_ACTIVITY:_ Find the line holding "pub ext_ram : BankSwitchedMem" in the entries below. Give it again exactly, along with every line after it up to and including the line holding "if leb adr 0x1FFF".

(Collected data)

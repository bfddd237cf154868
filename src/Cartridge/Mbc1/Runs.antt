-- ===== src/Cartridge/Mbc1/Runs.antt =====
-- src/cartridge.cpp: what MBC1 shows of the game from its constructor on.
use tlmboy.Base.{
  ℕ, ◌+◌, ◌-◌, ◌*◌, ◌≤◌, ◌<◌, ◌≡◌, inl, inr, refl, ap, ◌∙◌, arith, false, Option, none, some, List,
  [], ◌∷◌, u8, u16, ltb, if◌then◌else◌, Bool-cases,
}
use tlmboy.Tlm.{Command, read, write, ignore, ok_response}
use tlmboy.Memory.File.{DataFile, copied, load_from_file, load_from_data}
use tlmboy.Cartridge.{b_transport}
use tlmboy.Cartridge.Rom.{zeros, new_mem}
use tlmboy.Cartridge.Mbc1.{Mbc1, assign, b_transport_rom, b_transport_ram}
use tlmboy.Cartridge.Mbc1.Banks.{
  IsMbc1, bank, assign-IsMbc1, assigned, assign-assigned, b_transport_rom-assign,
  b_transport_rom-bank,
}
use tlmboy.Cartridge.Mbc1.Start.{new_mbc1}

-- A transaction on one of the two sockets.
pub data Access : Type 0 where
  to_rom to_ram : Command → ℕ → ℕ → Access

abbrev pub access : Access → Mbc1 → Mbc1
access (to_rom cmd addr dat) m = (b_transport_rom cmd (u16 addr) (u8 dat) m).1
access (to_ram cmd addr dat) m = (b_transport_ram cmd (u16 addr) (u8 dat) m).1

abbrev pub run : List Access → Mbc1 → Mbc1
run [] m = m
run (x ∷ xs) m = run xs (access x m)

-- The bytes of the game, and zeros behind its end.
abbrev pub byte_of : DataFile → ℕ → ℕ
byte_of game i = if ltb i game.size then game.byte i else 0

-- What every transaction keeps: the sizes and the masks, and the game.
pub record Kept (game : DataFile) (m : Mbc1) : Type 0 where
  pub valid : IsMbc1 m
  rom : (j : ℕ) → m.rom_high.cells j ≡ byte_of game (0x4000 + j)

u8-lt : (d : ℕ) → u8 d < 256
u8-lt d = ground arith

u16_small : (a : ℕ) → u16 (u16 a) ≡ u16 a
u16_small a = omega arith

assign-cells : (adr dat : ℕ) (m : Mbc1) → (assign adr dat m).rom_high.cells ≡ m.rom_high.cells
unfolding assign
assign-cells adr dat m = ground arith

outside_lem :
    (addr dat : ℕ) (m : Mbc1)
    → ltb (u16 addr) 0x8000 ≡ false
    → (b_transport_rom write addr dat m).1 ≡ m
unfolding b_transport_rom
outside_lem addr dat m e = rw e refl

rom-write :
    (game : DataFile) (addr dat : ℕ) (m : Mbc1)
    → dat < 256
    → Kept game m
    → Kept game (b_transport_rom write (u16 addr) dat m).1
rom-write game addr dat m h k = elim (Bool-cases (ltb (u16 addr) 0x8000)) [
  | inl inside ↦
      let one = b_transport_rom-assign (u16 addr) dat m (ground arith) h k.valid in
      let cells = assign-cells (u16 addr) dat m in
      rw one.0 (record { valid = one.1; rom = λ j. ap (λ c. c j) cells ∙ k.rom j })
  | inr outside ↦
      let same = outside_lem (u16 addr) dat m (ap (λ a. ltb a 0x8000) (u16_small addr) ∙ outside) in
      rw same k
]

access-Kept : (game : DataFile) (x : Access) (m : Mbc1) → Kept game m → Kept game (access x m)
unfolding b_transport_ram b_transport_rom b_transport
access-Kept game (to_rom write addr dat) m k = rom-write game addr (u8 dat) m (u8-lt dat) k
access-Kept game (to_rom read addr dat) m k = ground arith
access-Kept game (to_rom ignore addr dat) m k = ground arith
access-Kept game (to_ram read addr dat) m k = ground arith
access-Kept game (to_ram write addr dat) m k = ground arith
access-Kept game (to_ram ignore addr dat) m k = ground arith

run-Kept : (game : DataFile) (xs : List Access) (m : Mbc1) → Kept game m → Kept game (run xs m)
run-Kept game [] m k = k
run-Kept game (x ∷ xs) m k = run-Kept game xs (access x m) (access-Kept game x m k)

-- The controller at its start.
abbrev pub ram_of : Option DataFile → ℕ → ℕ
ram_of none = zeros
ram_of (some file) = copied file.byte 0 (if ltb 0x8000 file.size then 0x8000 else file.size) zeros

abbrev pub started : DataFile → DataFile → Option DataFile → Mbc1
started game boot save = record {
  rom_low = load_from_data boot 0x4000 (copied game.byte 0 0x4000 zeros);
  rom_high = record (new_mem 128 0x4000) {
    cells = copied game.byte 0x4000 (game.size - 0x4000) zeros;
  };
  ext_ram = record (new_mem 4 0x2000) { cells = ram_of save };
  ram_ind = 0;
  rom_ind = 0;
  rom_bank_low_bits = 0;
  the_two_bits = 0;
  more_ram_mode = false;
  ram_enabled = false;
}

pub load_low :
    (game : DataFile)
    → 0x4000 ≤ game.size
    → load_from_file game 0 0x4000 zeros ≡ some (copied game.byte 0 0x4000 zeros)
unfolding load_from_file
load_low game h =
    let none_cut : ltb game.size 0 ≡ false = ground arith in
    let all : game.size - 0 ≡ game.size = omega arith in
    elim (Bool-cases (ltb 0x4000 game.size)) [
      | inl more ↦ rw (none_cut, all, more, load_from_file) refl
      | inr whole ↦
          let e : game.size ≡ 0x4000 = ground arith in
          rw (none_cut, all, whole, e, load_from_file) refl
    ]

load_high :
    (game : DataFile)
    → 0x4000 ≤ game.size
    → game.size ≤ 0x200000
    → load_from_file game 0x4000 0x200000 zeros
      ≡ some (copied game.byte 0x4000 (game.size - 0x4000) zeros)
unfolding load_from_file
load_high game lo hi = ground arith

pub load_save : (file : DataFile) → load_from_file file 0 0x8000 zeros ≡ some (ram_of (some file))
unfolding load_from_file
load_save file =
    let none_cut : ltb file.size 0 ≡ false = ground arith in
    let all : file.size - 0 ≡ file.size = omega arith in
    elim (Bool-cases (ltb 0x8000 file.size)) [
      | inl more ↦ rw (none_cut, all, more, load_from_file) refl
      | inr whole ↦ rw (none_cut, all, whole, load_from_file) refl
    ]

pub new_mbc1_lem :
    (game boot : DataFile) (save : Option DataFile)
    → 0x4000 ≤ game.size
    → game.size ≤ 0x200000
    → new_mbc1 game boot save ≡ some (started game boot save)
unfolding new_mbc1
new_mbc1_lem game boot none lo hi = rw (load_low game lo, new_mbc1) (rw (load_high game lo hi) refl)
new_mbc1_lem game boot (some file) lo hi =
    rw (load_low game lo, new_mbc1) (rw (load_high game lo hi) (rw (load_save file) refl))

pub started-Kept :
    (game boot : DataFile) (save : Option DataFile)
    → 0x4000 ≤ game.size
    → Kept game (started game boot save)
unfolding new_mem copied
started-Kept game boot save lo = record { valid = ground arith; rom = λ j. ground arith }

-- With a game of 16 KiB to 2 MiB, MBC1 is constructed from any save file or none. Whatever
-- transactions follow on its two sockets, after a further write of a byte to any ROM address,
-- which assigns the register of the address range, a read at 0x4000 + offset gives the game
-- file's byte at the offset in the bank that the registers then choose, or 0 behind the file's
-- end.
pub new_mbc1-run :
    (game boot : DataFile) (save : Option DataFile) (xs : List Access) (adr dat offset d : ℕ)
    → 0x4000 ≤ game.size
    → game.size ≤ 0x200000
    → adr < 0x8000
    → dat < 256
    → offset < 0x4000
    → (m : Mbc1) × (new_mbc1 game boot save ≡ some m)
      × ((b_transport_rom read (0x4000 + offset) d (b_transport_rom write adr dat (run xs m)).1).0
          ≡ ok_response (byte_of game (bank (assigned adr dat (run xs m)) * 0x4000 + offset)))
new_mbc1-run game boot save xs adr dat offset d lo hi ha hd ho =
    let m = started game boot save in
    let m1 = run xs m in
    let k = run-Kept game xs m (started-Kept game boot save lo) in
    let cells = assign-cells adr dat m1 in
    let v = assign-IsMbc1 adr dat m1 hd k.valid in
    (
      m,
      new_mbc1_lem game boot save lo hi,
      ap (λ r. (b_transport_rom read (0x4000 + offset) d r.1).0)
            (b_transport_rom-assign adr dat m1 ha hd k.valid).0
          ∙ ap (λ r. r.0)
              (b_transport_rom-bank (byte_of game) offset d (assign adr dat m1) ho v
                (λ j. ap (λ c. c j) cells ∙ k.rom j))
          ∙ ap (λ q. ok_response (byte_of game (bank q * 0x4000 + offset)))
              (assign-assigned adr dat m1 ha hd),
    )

==

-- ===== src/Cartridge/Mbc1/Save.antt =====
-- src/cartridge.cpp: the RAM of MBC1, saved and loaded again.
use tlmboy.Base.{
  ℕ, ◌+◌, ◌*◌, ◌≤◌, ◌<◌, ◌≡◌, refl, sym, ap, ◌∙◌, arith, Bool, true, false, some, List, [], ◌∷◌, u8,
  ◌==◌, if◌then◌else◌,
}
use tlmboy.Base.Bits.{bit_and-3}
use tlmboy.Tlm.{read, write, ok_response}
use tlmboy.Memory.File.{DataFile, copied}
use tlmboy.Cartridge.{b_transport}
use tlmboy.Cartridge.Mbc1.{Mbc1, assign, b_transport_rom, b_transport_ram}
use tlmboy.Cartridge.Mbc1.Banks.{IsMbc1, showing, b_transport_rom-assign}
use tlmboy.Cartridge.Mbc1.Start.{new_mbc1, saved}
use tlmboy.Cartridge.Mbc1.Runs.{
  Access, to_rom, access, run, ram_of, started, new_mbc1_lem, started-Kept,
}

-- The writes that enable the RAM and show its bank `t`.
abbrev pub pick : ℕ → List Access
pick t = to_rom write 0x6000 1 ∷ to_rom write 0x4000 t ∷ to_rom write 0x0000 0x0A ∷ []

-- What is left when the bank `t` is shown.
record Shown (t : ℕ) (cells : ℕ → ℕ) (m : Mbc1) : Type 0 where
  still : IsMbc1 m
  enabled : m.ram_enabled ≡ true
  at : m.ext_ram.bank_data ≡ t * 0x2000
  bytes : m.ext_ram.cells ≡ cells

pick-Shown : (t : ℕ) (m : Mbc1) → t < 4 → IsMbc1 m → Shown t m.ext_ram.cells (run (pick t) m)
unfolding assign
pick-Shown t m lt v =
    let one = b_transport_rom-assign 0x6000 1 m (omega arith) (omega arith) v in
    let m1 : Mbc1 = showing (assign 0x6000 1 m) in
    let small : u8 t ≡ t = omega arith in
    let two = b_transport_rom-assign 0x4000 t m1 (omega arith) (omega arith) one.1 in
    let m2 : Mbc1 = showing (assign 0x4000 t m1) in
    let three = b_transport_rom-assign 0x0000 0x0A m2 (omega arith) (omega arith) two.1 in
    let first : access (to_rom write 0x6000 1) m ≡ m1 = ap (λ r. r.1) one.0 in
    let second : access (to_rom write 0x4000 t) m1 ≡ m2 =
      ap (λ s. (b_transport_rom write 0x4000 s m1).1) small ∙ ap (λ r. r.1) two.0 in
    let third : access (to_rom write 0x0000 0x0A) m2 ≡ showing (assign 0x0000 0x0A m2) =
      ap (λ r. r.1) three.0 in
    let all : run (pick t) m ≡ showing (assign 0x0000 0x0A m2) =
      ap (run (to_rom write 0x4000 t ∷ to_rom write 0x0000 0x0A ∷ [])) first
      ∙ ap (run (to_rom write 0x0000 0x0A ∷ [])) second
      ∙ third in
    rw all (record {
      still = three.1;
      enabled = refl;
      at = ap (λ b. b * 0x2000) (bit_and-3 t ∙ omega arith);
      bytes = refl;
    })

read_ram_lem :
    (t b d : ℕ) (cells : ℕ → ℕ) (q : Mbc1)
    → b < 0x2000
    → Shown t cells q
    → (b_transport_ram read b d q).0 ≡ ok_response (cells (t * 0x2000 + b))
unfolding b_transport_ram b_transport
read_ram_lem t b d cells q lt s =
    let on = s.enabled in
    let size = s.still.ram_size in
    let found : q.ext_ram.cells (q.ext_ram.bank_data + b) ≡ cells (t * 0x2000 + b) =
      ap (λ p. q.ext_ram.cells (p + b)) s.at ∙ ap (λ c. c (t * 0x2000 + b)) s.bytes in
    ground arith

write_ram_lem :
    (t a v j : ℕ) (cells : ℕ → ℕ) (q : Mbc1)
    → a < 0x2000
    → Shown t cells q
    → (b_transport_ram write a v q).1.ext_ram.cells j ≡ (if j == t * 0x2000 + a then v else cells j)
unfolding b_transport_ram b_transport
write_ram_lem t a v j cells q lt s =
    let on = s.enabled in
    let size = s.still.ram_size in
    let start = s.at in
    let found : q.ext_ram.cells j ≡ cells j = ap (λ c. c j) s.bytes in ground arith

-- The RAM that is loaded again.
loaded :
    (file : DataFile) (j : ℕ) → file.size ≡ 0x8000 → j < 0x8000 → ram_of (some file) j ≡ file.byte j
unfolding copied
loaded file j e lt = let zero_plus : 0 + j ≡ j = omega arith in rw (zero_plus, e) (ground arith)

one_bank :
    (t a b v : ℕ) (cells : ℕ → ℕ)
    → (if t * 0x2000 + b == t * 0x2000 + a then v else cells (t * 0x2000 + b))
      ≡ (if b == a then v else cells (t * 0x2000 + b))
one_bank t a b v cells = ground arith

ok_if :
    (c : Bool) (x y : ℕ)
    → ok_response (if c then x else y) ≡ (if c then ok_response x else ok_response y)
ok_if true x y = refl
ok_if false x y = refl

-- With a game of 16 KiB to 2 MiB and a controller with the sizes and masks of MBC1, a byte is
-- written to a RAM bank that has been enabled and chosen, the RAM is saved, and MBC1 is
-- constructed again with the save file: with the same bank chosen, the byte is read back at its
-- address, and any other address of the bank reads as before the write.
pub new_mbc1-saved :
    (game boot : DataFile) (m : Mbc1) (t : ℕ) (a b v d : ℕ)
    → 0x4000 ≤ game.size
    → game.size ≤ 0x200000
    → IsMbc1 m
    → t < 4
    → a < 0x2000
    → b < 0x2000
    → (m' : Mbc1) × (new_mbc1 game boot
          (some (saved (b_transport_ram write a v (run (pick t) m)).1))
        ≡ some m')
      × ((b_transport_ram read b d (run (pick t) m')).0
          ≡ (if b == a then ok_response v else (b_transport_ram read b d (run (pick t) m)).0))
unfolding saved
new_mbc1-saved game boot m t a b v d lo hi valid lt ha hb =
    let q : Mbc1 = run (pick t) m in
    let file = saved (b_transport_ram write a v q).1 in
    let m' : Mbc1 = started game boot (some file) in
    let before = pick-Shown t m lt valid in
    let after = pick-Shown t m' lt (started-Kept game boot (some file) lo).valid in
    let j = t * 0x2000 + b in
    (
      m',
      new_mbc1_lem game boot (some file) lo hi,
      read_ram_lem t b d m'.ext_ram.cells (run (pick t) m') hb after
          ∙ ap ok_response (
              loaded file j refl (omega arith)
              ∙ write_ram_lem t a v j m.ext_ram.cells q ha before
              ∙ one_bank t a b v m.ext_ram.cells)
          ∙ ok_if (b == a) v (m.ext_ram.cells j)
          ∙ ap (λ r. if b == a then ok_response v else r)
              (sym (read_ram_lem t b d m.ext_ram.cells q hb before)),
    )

* * *

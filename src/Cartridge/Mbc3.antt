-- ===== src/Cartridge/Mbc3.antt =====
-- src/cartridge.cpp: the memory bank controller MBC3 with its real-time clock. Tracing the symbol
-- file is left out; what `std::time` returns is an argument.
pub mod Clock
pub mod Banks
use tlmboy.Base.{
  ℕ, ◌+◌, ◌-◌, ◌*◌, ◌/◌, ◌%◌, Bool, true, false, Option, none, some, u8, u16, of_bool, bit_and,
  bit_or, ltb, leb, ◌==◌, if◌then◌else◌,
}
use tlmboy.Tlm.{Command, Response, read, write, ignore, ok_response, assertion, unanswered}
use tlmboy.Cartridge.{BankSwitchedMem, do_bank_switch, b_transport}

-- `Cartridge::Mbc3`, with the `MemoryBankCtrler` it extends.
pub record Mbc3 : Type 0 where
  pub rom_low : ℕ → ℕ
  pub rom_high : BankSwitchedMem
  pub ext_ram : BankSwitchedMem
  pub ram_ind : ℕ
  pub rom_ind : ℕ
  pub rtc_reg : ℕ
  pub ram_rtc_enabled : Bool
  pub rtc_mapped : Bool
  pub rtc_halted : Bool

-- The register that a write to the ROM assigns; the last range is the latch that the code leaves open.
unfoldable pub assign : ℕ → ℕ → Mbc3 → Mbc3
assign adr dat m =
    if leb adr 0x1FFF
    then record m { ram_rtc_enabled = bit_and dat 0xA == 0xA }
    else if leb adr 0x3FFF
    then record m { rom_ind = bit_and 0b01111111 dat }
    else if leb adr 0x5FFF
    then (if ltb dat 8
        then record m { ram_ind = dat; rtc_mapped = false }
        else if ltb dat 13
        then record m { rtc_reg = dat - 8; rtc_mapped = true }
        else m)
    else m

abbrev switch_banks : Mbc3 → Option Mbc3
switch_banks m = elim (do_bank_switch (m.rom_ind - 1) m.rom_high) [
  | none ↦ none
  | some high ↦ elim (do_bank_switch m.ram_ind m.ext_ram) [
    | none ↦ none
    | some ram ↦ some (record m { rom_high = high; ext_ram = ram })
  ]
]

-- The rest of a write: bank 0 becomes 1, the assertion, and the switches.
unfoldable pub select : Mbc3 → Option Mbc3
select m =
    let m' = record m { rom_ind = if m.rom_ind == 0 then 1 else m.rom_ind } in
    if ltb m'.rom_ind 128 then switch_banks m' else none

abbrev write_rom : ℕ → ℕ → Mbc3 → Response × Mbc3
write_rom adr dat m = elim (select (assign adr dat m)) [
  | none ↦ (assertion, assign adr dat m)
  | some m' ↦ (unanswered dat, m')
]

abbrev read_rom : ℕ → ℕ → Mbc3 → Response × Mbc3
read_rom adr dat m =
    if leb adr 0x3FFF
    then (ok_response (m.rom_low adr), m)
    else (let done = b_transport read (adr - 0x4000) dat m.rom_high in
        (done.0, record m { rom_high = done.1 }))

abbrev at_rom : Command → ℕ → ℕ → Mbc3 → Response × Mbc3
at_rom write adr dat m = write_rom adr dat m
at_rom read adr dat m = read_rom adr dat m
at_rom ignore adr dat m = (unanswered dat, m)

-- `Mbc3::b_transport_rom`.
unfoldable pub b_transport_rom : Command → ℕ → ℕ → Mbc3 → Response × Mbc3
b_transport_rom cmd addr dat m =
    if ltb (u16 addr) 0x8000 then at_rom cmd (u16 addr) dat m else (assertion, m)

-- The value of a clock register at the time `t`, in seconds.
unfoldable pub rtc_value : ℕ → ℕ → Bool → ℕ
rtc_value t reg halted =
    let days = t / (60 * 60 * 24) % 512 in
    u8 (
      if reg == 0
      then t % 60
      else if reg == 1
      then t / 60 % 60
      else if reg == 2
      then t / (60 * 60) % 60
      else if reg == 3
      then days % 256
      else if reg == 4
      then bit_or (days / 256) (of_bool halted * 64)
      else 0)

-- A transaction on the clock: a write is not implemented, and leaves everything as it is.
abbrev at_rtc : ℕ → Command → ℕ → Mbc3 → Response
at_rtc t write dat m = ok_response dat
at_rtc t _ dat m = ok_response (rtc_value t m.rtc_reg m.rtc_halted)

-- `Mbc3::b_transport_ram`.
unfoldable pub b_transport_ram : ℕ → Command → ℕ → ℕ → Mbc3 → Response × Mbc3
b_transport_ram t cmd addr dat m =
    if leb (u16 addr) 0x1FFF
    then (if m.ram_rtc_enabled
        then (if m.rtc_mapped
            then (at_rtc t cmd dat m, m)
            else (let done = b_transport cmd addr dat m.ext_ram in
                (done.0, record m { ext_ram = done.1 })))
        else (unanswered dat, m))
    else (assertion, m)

_ANSWER SECTION:_
  pub ext_ram : BankSwitchedMem
  pub ram_ind : ℕ
  pub rom_ind : ℕ
  pub rtc_reg : ℕ
  pub ram_rtc_enabled : Bool
  pub rtc_mapped : Bool
  pub rtc_halted : Bool

-- The register that a write to the ROM assigns; the last range is the latch that the code leaves open.
unfoldable pub assign : ℕ → ℕ → Mbc3 → Mbc3
assign adr dat m =
    if leb adr 0x1FFF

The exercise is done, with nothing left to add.